-- ===== src/Mailbox/Window.antt =====
-- The indices of the queue of mailbox_framework/kernel/mbox_kern.c against its message count.
use c_data_structures.Prelude.{
  ℕ, zero, suc, ◌+◌, ◌-◌, ◌<◌, ◌≤◌, ◌≡◌, refl, Option, none, some, ltb, leb, ◌==◌, List, length,
  arith, if_intro, sym,
}
use Prim.Native.Nat.{bit_and}
use mathlib.Core.Path.{subst}
use c_data_structures.Prelude.Int.{ℤ, pos, negsuc}
use c_data_structures.Prelude.Run.{bind_ok, ok}
use c_data_structures.Mailbox.Memory.{Memory}
use c_data_structures.Mailbox.Types.{minus_err_nobufs, u32, MboxQueue, Mailbox, Received}
use c_data_structures.Mailbox.Transfer.{flag_urgent, mbox_queue_full, mbox_enqueue, unlocked, sent}
use c_data_structures.Mailbox.Receive.{taken, matches, find_entry, received, take_message}

-- The entries from `tail` to `head`.
unfoldable pub span : MboxQueue → ℕ
span q = u32 (q.head + 4294967296 - q.tail)

-- A queue between two operations.
pub record IsQueue (q : MboxQueue) : Type 0 where
  pub head_fits : q.head < 4294967296
  pub tail_fits : q.tail < 4294967296
  pub spanned : span q ≤ q.count
  pub bounded : q.count ≤ q.depth
  pub sane : q.depth ≤ 4096
  pub holds_one : 0 < q.depth

sent-IsQueue : (q : MboxQueue) (n : ℕ) → IsQueue q → q.count < q.depth → IsQueue (sent q n)
unfolding sent span
sent-IsQueue q n h room = ground arith

-- The slot that is found lies between `tail` and `head`.
pub find_entry-within :
    (left : ℕ) (q : MboxQueue) (m : Memory) (mask i j : ℕ)
    → i < 4294967296
    → q.head < 4294967296
    → find_entry left q m mask i ≡ ok (some j)
    → (j < 4294967296) × (u32 (j + 4294967296 - i) < u32 (q.head + 4294967296 - i))
unfolding find_entry matches
find_entry-within zero q m mask i j hi hh e = ground arith
find_entry-within (suc left) q m mask i j hi hh e =
    let again = find_entry-within left q m mask (u32 (i + 1)) j (omega arith) hh in ground arith

-- Slots that hold no message and count as taken.
unfoldable pub lost : MboxQueue → ℕ
lost q = q.count - span q

received-IsQueue :
    (q : MboxQueue) (j n : ℕ)
    → IsQueue q
    → j < 4294967296
    → u32 (j + 4294967296 - q.tail) < span q
    → IsQueue (received q j n)
unfolding received span
received-IsQueue q j n h fits within = ground arith

pub sent-lost : (q : MboxQueue) (n : ℕ) → IsQueue q → q.count < q.depth → lost (sent q n) ≡ lost q
unfolding sent lost span
sent-lost q n h room = ground arith

-- The receiver leaves behind the slots of the messages that it passes over.
pub received-lost :
    (q : MboxQueue) (j n : ℕ)
    → IsQueue q
    → j < 4294967296
    → u32 (j + 4294967296 - q.tail) < span q
    → lost (received q j n) ≡ lost q + u32 (j + 4294967296 - q.tail)
unfolding received lost span
received-lost q j n h fits within = ground arith

-- What the operations do to the queue of a mailbox, except for a flush.
pub data Move (q : MboxQueue) : MboxQueue → Type 0 where
  unmoved : Move q q
  urgent_drop : Move q (record q { messages_dropped = u32 (q.messages_dropped + 1) })
  send : (n : ℕ) → q.count < q.depth → Move q (sent q n)
  receive :
      (j n : ℕ) → j < 4294967296 → u32 (j + 4294967296 - q.tail) < span q → Move q (received q j n)

pub Move-IsQueue : {q q' : MboxQueue} → Move q q' → IsQueue q → IsQueue q'
unfolding span
Move-IsQueue unmoved h = h
Move-IsQueue urgent_drop h = ground arith
Move-IsQueue {q = q} (send n room) h = sent-IsQueue q n h room
Move-IsQueue {q = q} (receive j n fits within) h = received-IsQueue q j n h fits within

pub unlocked-queue : (ret : ℤ) (mbox : Mailbox) → (unlocked ret mbox).1.queue ≡ mbox.queue
unfolding unlocked
unlocked-queue (pos n) mbox = refl
unlocked-queue (negsuc n) mbox = refl

unlocked-Move :
    {q : MboxQueue} (ret : ℤ) (mbox : Mailbox)
    → Move q mbox.queue
    → Move q (unlocked ret mbox).1.queue
unlocked-Move {q} ret mbox = subst (Move q) (sym (unlocked-queue ret mbox))

pub mbox_enqueue-Move :
    (pid : ℕ) (mbox : Mailbox) (channel : ℕ) (payload : List ℕ) (flags : ℕ)
    → Move mbox.queue (mbox_enqueue pid mbox channel payload flags).1.queue
unfolding mbox_enqueue mbox_queue_full
mbox_enqueue-Move pid mbox channel payload flags =
    let P : ℤ × Mailbox → Type 0 = λ t. Move mbox.queue t.1.queue in
    if_intro P (ltb mbox.queue.msg_size (length payload)) _ _ (λ big. unmoved)
      (λ fits.
        if_intro P (leb mbox.queue.depth mbox.queue.count) _ _
          (λ full. unlocked-Move minus_err_nobufs _ (
            if_intro (λ (t : Mailbox). Move mbox.queue t.queue) (bit_and flags flag_urgent == 0) _ _
              (λ e. unmoved) (λ e. urgent_drop)))
          (λ room. unlocked-Move _ _ (send (length payload) (ground arith))))

taken-Move :
    (mbox : Mailbox) (mask max_size : ℕ) (found : Option ℕ)
    → IsQueue mbox.queue
    → find_entry mbox.queue.depth mbox.queue mbox.entries mask mbox.queue.tail ≡ ok found
    → Move mbox.queue (taken mbox max_size found).1.queue
unfolding taken span
taken-Move mbox mask max_size none h f = unmoved
taken-Move mbox mask max_size (some j) h f =
    let (fits, within) =
      find_entry-within mbox.queue.depth mbox.queue mbox.entries mask mbox.queue.tail j h.tail_fits
        h.head_fits f in
    receive j _ fits within

pub take_message-Move :
    (mbox : Mailbox) (mask max_size : ℕ) {r : Option Received × Mailbox}
    → IsQueue mbox.queue
    → take_message mbox mask max_size ≡ ok r
    → Move mbox.queue r.1.queue
unfolding take_message
take_message-Move mbox mask max_size h e =
    let (found, f, same) =
      bind_ok (find_entry mbox.queue.depth mbox.queue mbox.entries mask mbox.queue.tail)
        (taken mbox max_size) e in
    subst (λ (t : Option Received × Mailbox). Move mbox.queue t.1.queue) same
      (taken-Move mbox mask max_size found h f)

Work required
Please copy out every line of the preceding listing that carries "Option".

Problem solution
  ℕ, zero, suc, ◌+◌, ◌-◌, ◌<◌, ◌≤◌, ◌≡◌, refl, Option, none, some, ltb, leb, ◌==◌, List, length,
    (mbox : Mailbox) (mask max_size : ℕ) (found : Option ℕ)
    (mbox : Mailbox) (mask max_size : ℕ) {r : Option Received × Mailbox}
    subst (λ (t : Option Received × Mailbox). Move mbox.queue t.1.queue) same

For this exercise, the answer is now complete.